Out-Law News 3 min. read

Commission changes CRD IV to ease remuneration burden on smaller banks


The European Commission aims to reduce the administrative burden of remuneration rules on smaller, less complex banks and investment firms subject to the Capital Requirements Directive IV (CRD IV) as part of a suite of amendments to the CRD IV and other EU rules.

Rules on deferral of remuneration and on remuneration using instruments, such as shares, will be changed, the Commission said.

Remuneration expert Graeme Standen of Pinsent Masons, the law firm behind Out-Law.com said: "As we hoped, the Commission has accepted the European Banking Authority (EBA)'s proposals to ensure that smaller firms and less highly paid 'identified staff' will generally continue to be able to escape certain detailed rules about bonus pay on proportionality grounds."

The rules currently require a proportion of bonus pay to take the form of shares or similar instruments, and be deferred for at least three to five years. All discretionary pension benefits for leavers who are not yet retired must also be held by the employer in that form for at least five years.

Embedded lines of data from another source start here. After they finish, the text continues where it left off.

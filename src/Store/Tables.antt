-- ===== src/Store/Tables.antt =====
-- The tables of tenant_store.py, what is sealed in their `data` columns, and the cryptography, which
-- is a parameter: Fernet (`encrypt`, `decrypt`), HMAC (`digest`) and the random tokens.
use amazon_echo_home_voice.Prelude.{List, Option, String, [], ℕ}
use amazon_echo_home_voice.Gateway.Config.{GatewayConfig}

-- The dictionaries that are sealed: {"version": 1}, {"owner", "config"}, {"id", "verifier"} and the
-- session's.
pub data Envelope : Type 0 where
  marker : Envelope
  connection_of : String → GatewayConfig → Envelope
  flow_of : String → String → Envelope
  session_of : (id issuer subject access_token csrf : String) → (expires : ℕ) → Envelope

pub record ConnectionRow : Type 0 where
  pub owner : String
  pub sealed : List ℕ

pub record FlowRow : Type 0 where
  pub id : String
  pub browser : String
  pub sealed : List ℕ
  pub expires : ℕ

pub record SessionRow : Type 0 where
  pub id : String
  pub owner : String
  pub sealed : List ℕ
  pub expires : ℕ

pub record Tables : Type 0 where
  pub connections : List ConnectionRow
  pub flows : List FlowRow
  pub sessions : List SessionRow

abbrev pub no_rows : Tables
no_rows = record { connections = []; flows = []; sessions = [] }

-- `digest kind values` is `_digest`: the HMAC of the JSON list of a kind and its values.
pub record Crypto : Type 0 where
  pub encrypt : Envelope → List ℕ
  pub decrypt : List ℕ → Option Envelope
  pub digest : String → List String → String
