-- ===== src/Diagnostics.antt =====
-- diagnostics.py: log lines from a finite vocabulary, without the content of requests or reports.
pub mod Bounded
use amazon_echo_home_voice.Prelude.{
  ℕ, String, Bool, true, false, not, ◌&&◌, ◌||◌, Option, none, some, List, [], ◌∷◌, leb, all,
  one_of, str_eq, map, if◌then◌else◌,
}
use amazon_echo_home_voice.Python.{
  Json, Fields, find, get, as_str, as_bool, as_fields, Exn, gateway_error, transient_gateway_error,
  foreign, Foreign, http_error, url_error, url_error_text, timeout_error, connection_refused,
  connection_reset, connection_error, certificate_error, ssl_error, gai_error, os_error,
  http_exception, unicode_error, value_error, recursion_error,
}
use amazon_echo_home_voice.Gateway.Payload.{statuses, names}

-- FAILURE_CATEGORIES
abbrev pub configuration_messages : List String
configuration_messages =
    "Invalid IGW_READ_TOKEN configuration" ∷ "Invalid CF_ACCESS_CLIENT_ID configuration"
    ∷ "Invalid CF_ACCESS_CLIENT_SECRET configuration"
    ∷ "IGW_URL must be an HTTPS /v1/energy endpoint on port 443"
    ∷ "Cloudflare Access credentials must be configured together"
    ∷ "IGW_TIMEOUT_SECONDS must be between 0.1 and 4"
    ∷ "IGW_MAX_AGE_SECONDS must be between 1 and 60" ∷ "Invalid gateway network policy"
    ∷ "Invalid numeric gateway configuration" ∷ "Invalid public gateway hostname"
    ∷ "Invalid voice mode" ∷ "Public gateways require the pinned HTTPS transport" ∷ []

abbrev pub failure_categories : List (String × List String)
failure_categories =
    ("configuration", configuration_messages)
    ∷ ("deadline", "Voice request timed out" ∷ "Gateway request timed out" ∷ [])
    ∷ ("network_policy", "Gateway must resolve only to public Internet addresses" ∷ [])
    ∷ (
      "resolver",
      "Gateway resolver is busy" ∷ "Gateway resolver is unavailable" ∷ "Gateway resolution failed"
          ∷ [],
    )
    ∷ (
      "transport",
      "Gateway request failed" ∷ "Invalid gateway transport" ∷ "Gateway transport is busy" ∷ [],
    )
    ∷ (
      "response_format",
      "Gateway returned an invalid content type" ∷ "Gateway response is too large"
          ∷ "Invalid gateway response" ∷ [],
    )
    ∷ ("envelope_age", "Gateway response is out of date" ∷ [])
    ∷ (
      "report_contract",
      "Invalid gateway schema" ∷ "Invalid gateway metrics" ∷ "Invalid gateway reports"
          ∷ "Invalid gateway report" ∷ "Invalid gateway report status"
          ∷ "Inconsistent gateway report status" ∷ "Invalid gateway report text" ∷ [],
    )
    ∷ []

-- MESSAGE_CATEGORIES.get(message, "unknown"); no message stands in two categories.
unfoldable pub category_of : List (String × List String) → String → String
category_of [] message = "unknown"
category_of ((category, messages) ∷ rest) message =
    let other = category_of rest message in if one_of messages message then category else other

-- The first name of CAUSE_NAMES whose class the exception belongs to.
unfoldable pub cause_name : Option Foreign → String
cause_name none = "none"
cause_name (some (http_error code)) = "HTTPError"
cause_name (some timeout_error) = "TimeoutError"
cause_name (some certificate_error) = "SSLCertVerificationError"
cause_name (some ssl_error) = "SSLError"
cause_name (some connection_refused) = "ConnectionRefusedError"
cause_name (some connection_reset) = "ConnectionResetError"
cause_name (some gai_error) = "gaierror"
cause_name (some (url_error reason)) = "URLError"
cause_name (some url_error_text) = "URLError"
cause_name (some http_exception) = "HTTPException"
cause_name (some unicode_error) = "UnicodeError"
cause_name (some value_error) = "ValueError"
cause_name (some connection_error) = "OSError"
cause_name (some os_error) = "OSError"
cause_name (some f) = "other"

-- urllib puts the exception of the transport in `reason`.
unfoldable pub unwrap : Option Foreign → Option Foreign
unwrap (some (url_error reason)) = some reason
unwrap cause = cause

-- error.args[0] and error.__cause__
abbrev pub message_of : Exn → String
message_of (gateway_error message cause) = message
message_of (transient_gateway_error message cause) = message
message_of e = ""

abbrev pub cause_of : Exn → Option Foreign
cause_of (gateway_error message cause) = cause
cause_of (transient_gateway_error message cause) = cause
cause_of e = none

abbrev pub http_status : Option Foreign → Option ℕ
http_status (some (http_error code)) = if leb 100 code && leb code 599 then some code else none
http_status cause = none

pub data Line : Type 0 where
  failure : (category cause : String) → (status : Option ℕ) → Line
  report_status : (reports : List (String × String)) → (mqtt_connected : Option Bool) → Line

-- gateway_failure: the line that is logged
unfoldable pub gateway_failure : Exn → Line
unfolding category_of cause_name unwrap
gateway_failure error =
    let cause = unwrap (cause_of error) in
    failure (category_of failure_categories (message_of error)) (cause_name cause)
      (http_status cause)

abbrev status_name : Option String → String
status_name none = "unknown"
status_name (some s) = if one_of statuses s then s else "unknown"

abbrev pub report_of : String → Fields → Option Fields
report_of name reports = as_fields (get name reports)

-- payload["reports"][name]["status"]
abbrev pub status_of : Fields → String → Option String
status_of reports name = elim (report_of name reports) [
  | none ↦ none
  | some report ↦ as_str (get "status" report)
]

-- report_statuses: no line where every report is fresh
unfoldable pub report_statuses : Fields → Option Line
report_statuses payload = elim (as_fields (get "reports" payload)) [
  | none ↦ none
  | some reports ↦
      let seen = map (λ name. (name, status_name (status_of reports name))) (names reports) in
      if all (λ s. str_eq s.1 "fresh") seen
      then none
      else some (report_status seen (as_bool (get "mqtt_connected" payload)))
]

Smaller, less complex firms will no longer be subject to these rules unless national regulators insist that particular firms or staff members should be covered by the rules.

Listed firms will be also able to make use of share-linked instruments rather than only shares to comply with the requirement to deliver a proportion of bonus pay in the 'form of instruments'.

Standen said: "The flip side of the proportionality amendments is that it seems that the general remuneration proportionality allowance in the amended Directive will now have to be interpreted as the EBA and Commission believed it should be already. That interpretation differed from the way in which proportionality had been previously applied under CRD III, and at first under CRD IV, and also from the continuing views of some firms, national regulators and advisers who thought that the unamended CRD IV proportionality provisions authorised the complete derogation from some detailed rules by some smaller and / or less complex firms."

"Also, as expected, the amendments will not allow any firm or identified staff to escape the CRD IV bonus cap on proportionality grounds," Standen said.

The 'bonus cap' applies to senior staff, and is set at 100% of the individual’s salary or up to 200% where member states permit and shareholders agree. The UK's Prudential Regulation Authority (PRA) has consistently objected to the introduction of a bonus cap as counter-productive, arguing that it will drive up fixed pay and therefore banks' fixed costs.

Standen said: "The PRA has previously stated emphatically that it would not comply with the EBA and Commission's interpretation of the original CRD IV provisions, and intended to continue to permit derogations from the bonus cap on proportionality grounds in appropriate cases. That amounted only to defiance by a national regulator of revised EBA guidelines that were mandated by CRD IV, rather than a breach of CRD IV itself, and is arguably permitted by the original wording in CRD IV."

"However, the amended text appears to give the PRA far less scope to continue to allow any proportionality derogations from the bonus cap, and could have the result that all UK firms and identified staff must comply with the bonus cap at some point in the future, depending on the date and terms on which the UK leaves the EU," Standen said.

"Firms and advisers will be keen to hear from the PRA what position it will take on compliance with the amended Directive, once it comes into force and the UK has transposed it into domestic law," he said.

"As the original CRD III remuneration rules, including similar allowances for proportional application, were the ancestors of remuneration rules in other Directives applicable to certain types of financial sector firm, affected firms and advisers will also be keen to learn whether the Commission also plans to amend those rules, and, in the meantime, how relevant EU regulators might update their guidance on proportionality issues under those Directives," Standen said.

"New EBA guidelines on sound remuneration policies under CRD IV are due to come into force on 1 January 2017, and are based on proportionality continuing to work broadly as these proposed amendments suggest. While the Commission's proposals have not yet been considered by the Council of Ministers and European Parliament, and strictly CRD IV remains in force in its unamended form, the publication of the proposals at least provides affected firms and regulators with greater clarity and confidence about how the CRD IV remuneration rules will be applied within the UK from that date," he said.